И это был самый отрадный результат истекшего десятилетия его жизни, проходившей то ближе, то дальше от того, что можно было назвать его собственным творчеством, но все же неизменно вблизи от литературы. Это была и высокая литература, которую он не просто читал, а штудировал с карандашом в руках. Это была средняя литература, которая, как многие утверждают, тоже необходима для правильного кровообращения общественного организма.
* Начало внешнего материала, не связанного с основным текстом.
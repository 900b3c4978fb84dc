-- ===== src/Kernel/Processes/Destructor.antt =====
-- The destructors that run when a process of kernel/SharedResources/Process.cpp is freed: that of its
-- `AddressSpace` and that of its `HashPageTable`.
use cs16mem_model_vm.Base.{
  ℕ, ◌*◌, ◌<◌, ◌≤◌, ◌≡◌, inl, inr, refl, sym, ◌∙◌, subst, false, Option, none, some, List, [], ◌∷◌,
  length, Among, Among-cases, arith,
}
use cs16mem_model_vm.Base.Words.{shl}
use cs16mem_model_vm.Machine.Trap.{ok, ◌>>=◌}
use cs16mem_model_vm.Kernel.Bitset.{Bitset, test}
use cs16mem_model_vm.Kernel.Bitset.Laws.{Written, set_bit_lem}
use cs16mem_model_vm.Kernel.Frames.{MemoryManager, num_pages, free_asid, num_asids}
use cs16mem_model_vm.Kernel.Frames.Laws.{IsValid, free_frame_lem}
use cs16mem_model_vm.Kernel.Pages.{Entry}
use cs16mem_model_vm.Kernel.Pages.HashTable.{HashPageTable}
use cs16mem_model_vm.Kernel.Processes.{Pcb, Processes, free_pages, entries, free_table, destroy}

-- The frames that the pages of a table stand for.
abbrev pub frames : List (ℕ × Entry) → List ℕ
frames [] = []
frames ((vpn, pte) ∷ rest) = pte.pfn ∷ frames rest

abbrev pub pages_of : Option HashPageTable → List (ℕ × Entry)
pages_of none = []
pages_of (some table) = entries table.buckets

abbrev AreFrames : List ℕ → Type 0
AreFrames [] = Unit {0}
AreFrames (f ∷ fs) = (f < num_pages) × AreFrames fs

-- The frames of a list are free, and nothing else changed.
pub record Freed (m m' : MemoryManager) (fs : List ℕ) : Type 0 where
  pub valid : IsValid m'
  pub boundary : m'.kernel_reserved_boundary ≡ m.kernel_reserved_boundary
  pub inside : (i : ℕ) → Among i fs → test m'.reserved_pages i ≡ some false
  pub outside : (i : ℕ) → ¬ Among i fs → test m'.reserved_pages i ≡ test m.reserved_pages i

one_more :
    (m n l : MemoryManager) (f : ℕ) (fs : List ℕ)
    → n.kernel_reserved_boundary ≡ m.kernel_reserved_boundary
    → Written m.reserved_pages n.reserved_pages f false
    → Freed n l fs
    → Freed m l (f ∷ fs)
one_more m n l f fs b w r = record {
  valid = r.valid;
  boundary = r.boundary ∙ b;
  inside = λ i a. elim (Among-cases i fs) [
    | inl in_rest ↦ r.inside i in_rest
    | inr not ↦ r.outside i not ∙ now i a not
  ];
  outside = λ i a. r.outside i (λ in_rest. a (inr in_rest)) ∙ w.elsewhere i (λ same. a (inl same));
}
  where
    now : (i : ℕ) → Among i (f ∷ fs) → ¬ Among i fs → test n.reserved_pages i ≡ some false
    now i (inl same) not = subst (λ j. test n.reserved_pages j ≡ some false) (sym same) w.here
    now i (inr in_rest) not = absurd (not in_rest)

-- The destructor of a page table ends normally.
free_pages-Freed :
    (es : List (ℕ × Entry)) (m : MemoryManager)
    → IsValid m
    → AreFrames (frames es)
    → (m' : MemoryManager) × ((free_pages es m ≡ ok m') × Freed m m' (frames es))
unfolding free_pages
free_pages-Freed [] m v h = (
  m,
  (refl, record { valid = v; boundary = refl; inside = λ i a. absurd a; outside = λ i a. refl }),
)
free_pages-Freed ((vpn, pte) ∷ rest) m v (low, h) =
    let (n, (e, (b, w))) = free_frame_lem m pte.pfn v low in
    let addr : shl pte.pfn 12 ≡ pte.pfn * 4096 = omega (arith, low) in
    let vn : IsValid n = record {
      blocks = w.same_length ∙ v.blocks;
      boundary = subst (λ k. k ≤ num_pages) (sym b) v.boundary;
    } in
    let (l, (el, r)) = free_pages-Freed rest n vn h in
    (l, (rw (addr, e, el, ◌>>=◌) refl, one_more m n l pte.pfn (frames rest) b w r))

-- What a process holds is within the bounds of the machine: its frames and its identifier, and the bit
-- sets have the sizes that they start with.
pub record Holds (p : Pcb) (s : Processes) : Type 0 where
  pub memory : IsValid s.memory
  pub blocks : length s.reserved_asids ≡ 8
  pub asid : p.asid < num_asids
  pub frames : AreFrames (frames (pages_of p.page_table))

-- The frames of a process and its identifier are free again, and no others.
pub record Returned (p : Pcb) (s s' : Processes) : Type 0 where
  pub memory : Freed s.memory s'.memory (frames (pages_of p.page_table))
  pub asids : Written s.reserved_asids s'.reserved_asids p.asid false

free_table_lem :
    (o : Option HashPageTable) (m : MemoryManager) → free_table o m ≡ free_pages (pages_of o) m
unfolding free_pages
free_table_lem none m = refl
free_table_lem (some table) m = refl

-- The destructor of a process ends normally.
pub destroy-Returned :
    (p : Pcb) (s : Processes)
    → Holds p s
    → (asids : Bitset) × ((m : MemoryManager) × ((destroy p s
            ≡ ok (record s { reserved_asids = asids; memory = m }))
          × Returned p s (record s { reserved_asids = asids; memory = m })))
unfolding destroy free_asid
destroy-Returned p s h =
    let (asids, (e, w)) =
      set_bit_lem s.reserved_asids p.asid false (omega (arith, h.asid, h.blocks)) in
    let (m, (em, r)) = free_pages-Freed (pages_of p.page_table) s.memory h.memory h.frames in
    (
      asids,
      (
        m,
        (
          rw (e, free_table_lem p.page_table s.memory, em, ◌>>=◌) refl,
          record { memory = r; asids = w },
        ),
      ),
    )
Это была и низкая литература — литература на час, создававшаяся тут же, на месте, и целиком зависевшая от спроса.
И как все-таки хорошо, что, соприкоснувшись близко со всеми видами и оттенками литературной продукции своего времени, наш герой не утратил той строгости самооценки, которая сопровождала его юношеские литературные опыты.
VII
И вот, наконец, пространство сузилось вокруг него, замкнулось в четырех стенах.
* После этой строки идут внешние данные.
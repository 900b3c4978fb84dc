-- ===== src/Kernel/Processes/Removal.antt =====
-- `freeProcess` of kernel/SharedResources/Process.cpp: the slot of a process that is freed.
use cs16mem_model_vm.Base.{
  ℕ, ◌+◌, ◌-◌, ◌<◌, ◌≤◌, ◌≡◌, ◌≢◌, ◌⊎◌, inl, inr, refl, ap, sym, ◌∙◌, subst, true, false, ◌&&◌,
  Option, none, some, List, [], ◌∷◌, ◌++◌, ◌==◌, if◌then◌else◌, get_elem?, length, Among, Distinct,
  arith, Bool-cases, ℕ_discrete, get_elem?-set_self, get_elem?-set_ne, get_elem?_past,
  lt_of_get_elem?,
}
use cs16mem_model_vm.Machine.Trap.{ok, ◌>>=◌}
use cs16mem_model_vm.Kernel.Processes.{
  ProcessState, Pcb, Processes, flatten, process_at, put, is_zombie, drop_last, free_process,
}
use cs16mem_model_vm.Kernel.Processes.Slots.{
  IsTable, Slot, get_elem?-drop_last, length-drop_last, Among-append, append-Among, append-Distinct,
}
use cs16mem_model_vm.Kernel.Processes.Destructor.{
  frames, pages_of, Freed, Holds, Returned, destroy-Returned,
}
use cs16mem_model_vm.Kernel.Bitset.Laws.{Written}

-- A slot that holds a process, as the vector has it.
pub slot_of :
    (s : Processes) (pid : ℕ) (p : Pcb)
    → process_at s pid ≡ some p
    → get_elem? s.processes pid ≡ some (some p)
slot_of s pid p e = by_slot (get_elem? s.processes pid) e
  where
    by_slot : (o : Option (Option Pcb)) → flatten o ≡ some p → o ≡ some (some p)
    by_slot none e = cc
    by_slot (some none) e = cc
    by_slot (some (some q)) e = ap some e

-- A table stays one when the process of a slot goes, and the id of the slot is free if the slot stays.
emptied :
    (s s' : Processes) (pid : ℕ) (p : Pcb)
    → IsTable s
    → get_elem? s.processes pid ≡ some (some p)
    → process_at s' pid ≡ none
    → ((i : ℕ) → i ≢ pid → get_elem? s'.processes i ≡ get_elem? s.processes i)
    → (get_elem? s'.processes pid ≡ some none → Among pid s'.free_pids)
    → ((i : ℕ) → Among i s.free_pids → Among i s'.free_pids)
    → ((i : ℕ)
        → Among i s'.free_pids
        → Among i s.free_pids ⊎ ((i ≡ pid) × (get_elem? s'.processes pid ≡ some none)))
    → Distinct s'.free_pids
    → IsTable s' × Slot s s' pid none
emptied s s' pid p t held gone other kept more was once = (
  record {
    knows = λ i q e. elim (ℕ_discrete i pid) [
      | yes same ↦
          let there : none ≡ some q = sym gone ∙ subst (λ n. process_at s' n ≡ some q) same e in cc
      | no n ↦ t.knows i q (sym (ap flatten (other i n)) ∙ e)
    ];
    listed = λ i e. elim (ℕ_discrete i pid) [
      | yes same ↦
          subst (λ n. Among n s'.free_pids) (sym same)
            (kept (subst (λ n. get_elem? s'.processes n ≡ some none) same e))
      | no n ↦ more i (t.listed i (sym (other i n) ∙ e))
    ];
    vacant = λ i a. elim (was i a) [
      | inl before ↦ other i (λ same. distinct i same before) ∙ t.vacant i before
      | inr (same, now) ↦ subst (λ n. get_elem? s'.processes n ≡ some none) (sym same) now
    ];
    once = once;
  },
  record { self = gone; other = λ i d. ap flatten (other i d) },
)
  where
    distinct : (i : ℕ) → i ≡ pid → Among i s.free_pids → ⊥
    distinct i same a =
        let there : some none ≡ some (some p) =
          sym (subst (λ n. get_elem? s.processes n ≡ some none) same (t.vacant i a)) ∙ held in
        cc

drop_last_past :
    (xs : List (Option Pcb)) (pid : ℕ) → pid + 1 ≡ length xs → get_elem? (drop_last xs) pid ≡ none
drop_last_past [] pid e = absurd (omega arith)
drop_last_past (x ∷ xs) pid e =
    get_elem?_past (drop_last (x ∷ xs)) pid (omega (arith, length-drop_last x xs, e))

drop_last_other :
    (xs : List (Option Pcb)) (pid i : ℕ)
    → pid + 1 ≡ length xs
    → i ≢ pid
    → get_elem? (drop_last xs) i ≡ get_elem? xs i
drop_last_other [] pid i e n = refl
drop_last_other (x ∷ xs) pid i e n = elim (ltb_cases (i + 1) (length (x ∷ xs))) [
  | inl low ↦ get_elem?-drop_last (x ∷ xs) i (omega arith)
  | inr high ↦
      get_elem?_past (drop_last (x ∷ xs)) i (omega (arith, length-drop_last x xs, n, e))
      ∙ sym (get_elem?_past (x ∷ xs) i (omega (arith, n, e)))
]
  where
    ltb_cases : (a b : ℕ) → (a < b) ⊎ (b ≤ a)
    ltb_cases a b = ground arith

-- The slot of a freed process, without what its destructor does.
abbrev removed : ℕ → Processes → Processes
removed pid s =
    if pid == length s.processes - 1
    then record s { processes = drop_last s.processes }
    else record (put pid none s) { free_pids = s.free_pids ++ pid ∷ [] }

removed-IsTable :
    (s : Processes) (pid : ℕ) (p : Pcb)
    → IsTable s
    → get_elem? s.processes pid ≡ some (some p)
    → IsTable (removed pid s) × Slot s (removed pid s) pid none
removed-IsTable s pid p t held = elim (Bool-cases (pid == length s.processes - 1)) [
  | inl e ↦
      let top : pid + 1 ≡ length s.processes = ground (arith, e, low) in
      let s' = record s { processes = drop_last s.processes } in
      subst (λ r. IsTable r × Slot s r pid none) (sym (chosen e))
        (emptied s s' pid p t held (ap flatten (drop_last_past s.processes pid top))
          (λ i n. drop_last_other s.processes pid i top n)
          (λ f. absurd (differs (drop_last_past s.processes pid top) f)) (λ i a. a) (λ i a. inl a)
          t.once)
  | inr e ↦
      let s' = record (put pid none s) { free_pids = s.free_pids ++ pid ∷ [] } in
      let now = get_elem?-set_self s.processes pid none low in
      subst (λ r. IsTable r × Slot s r pid none) (sym (chosen_not e))
        (emptied s s' pid p t held (ap flatten now)
          (λ i n. get_elem?-set_ne s.processes pid i none (λ same. n (sym same)))
          (λ f. append-Among pid pid s.free_pids (inr refl))
          (λ i a. append-Among i pid s.free_pids (inl a))
          (λ i a. elim (Among-append i pid s.free_pids a) [
            | inl b ↦ inl b
            | inr same ↦ inr (same, now)
          ])
          (append-Distinct pid s.free_pids t.once (λ a. unlisted (t.vacant pid a) held)))
]
  where
    low : pid < length s.processes
    low = lt_of_get_elem? s.processes pid held

    differs : {o : Option (Option Pcb)} → o ≡ none → o ≡ some none → ⊥
    differs e f = cc

    unlisted : {o : Option (Option Pcb)} → o ≡ some none → o ≡ some (some p) → ⊥
    unlisted e f = cc

    chosen :
        (pid == length s.processes - 1) ≡ true
        → removed pid s ≡ record s { processes = drop_last s.processes }
    chosen e = rw e refl

    chosen_not :
        (pid == length s.processes - 1) ≡ false
        → removed pid s ≡ record (put pid none s) { free_pids = s.free_pids ++ pid ∷ [] }
    chosen_not e = rw e refl

removed_rest :
    (s : Processes) (pid : ℕ)
    → ((removed pid s).memory ≡ s.memory) × ((removed pid s).reserved_asids ≡ s.reserved_asids)
removed_rest s pid = elim (Bool-cases (pid == length s.processes - 1)) [
  | inl e ↦ rw e (refl, refl)
  | inr e ↦ rw e (refl, refl)
]

-- A zombie without guards is freed: its slot is empty, the table stays one, and its frames and its
-- identifier are free again.
pub free_process-IsTable :
    (pid : ℕ) (p : Pcb) (s : Processes)
    → IsTable s
    → process_at s pid ≡ some p
    → p.refcount ≡ 0
    → p.state ≡ ProcessState.zombie
    → Holds p s
    → (s' : Processes) × ((free_process pid s ≡ ok s')
        × ((IsTable s' × Slot s s' pid none) × Returned p s s'))
unfolding free_process
free_process-IsTable pid p s t e count state h =
    let (asids, (m, (d, r))) = destroy-Returned p s h in
    let dead : (p.refcount == 0 && is_zombie p.state) ≡ true = rw (count, state) refl in
    let s' = record s { reserved_asids = asids; memory = m } in
    let t' : IsTable s' = record {
      knows = t.knows;
      listed = t.listed;
      vacant = t.vacant;
      once = t.once;
    } in
    let (table, slot) = removed-IsTable s' pid p t' (slot_of s pid p e) in
    let (same_memory, same_asids) = removed_rest s' pid in
    (
      removed pid s',
      (
        rw (e, dead, d, ◌>>=◌) refl,
        (
          (table, record { self = slot.self; other = slot.other }),
          record {
            memory =
                subst (λ n. Freed s.memory n (frames (pages_of p.page_table))) (sym same_memory)
                  r.memory;
            asids = subst (λ b. Written s.reserved_asids b p.asid false) (sym same_asids) r.asids;
          },
        ),
      ),
    )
Что касается времени, то днем оно еще кое-как шло, ночью же останавливалось вовсе, повисало над его столом, заваленным бумагами. Горы исписанной бумаги — листков, затрепанных тетрадок — лежали перед ним. Все это надо было теперь превратить в некое подобие жизни, ничем не уступающее той, что оставалась за окнами. Его записи, над которыми он столько бился, теперь казались случайными, бесформенными обрывками. Они разлезались под руками, разбредались по столу и гуляли, как хотели.
Та жизнь, которую он, слава богу, повидал-таки, воздухом которой надышался, теперь лежала перед ним истерзанная, лишенная жизни.
Он писал и зачеркивал, заканчивал новеллу и тут же начинал ее сначала.
Шумел сад. Он видел все это ясно, как свою руку. Старик ходил по саду, постукивая посохом. Лицо его, знакомое, как лицо родного отца, на бумаге расползалось, делалось неузнаваемым или окаменевало в неподвижности. Рассердившись, старик уходил в глубь сада и долго не показывался.
Русская литература помочь здесь не могла, в ней такого героя не было. Правда, Кавказ, Дагестан были описаны в ней — и не раз.
Но дни в аулах их бредут
На костылях угрюмой лени…
…Сидят
И об убийствах говорят
Иль хвалят меткие пищали,
Из коих деды их стреляли;
Иль сабли на кремнях острят,
Готовясь на убийства новы.
Так описывали дагестанцев сто лет назад. Русские писатели — современники Капиева, много поездившие по Дагестану в последние годы, довольно подробно описали признаки и старого, и нового его быта — все, что удавалось заметить при внимательном, но неизбежно беглом оглядывании. Их героями были люди, с которыми они познакомились в пути, и теперь знакомили с ними читателей. С последней страницей знакомство кончалось, люди исчезали в тени внелитературного бытия.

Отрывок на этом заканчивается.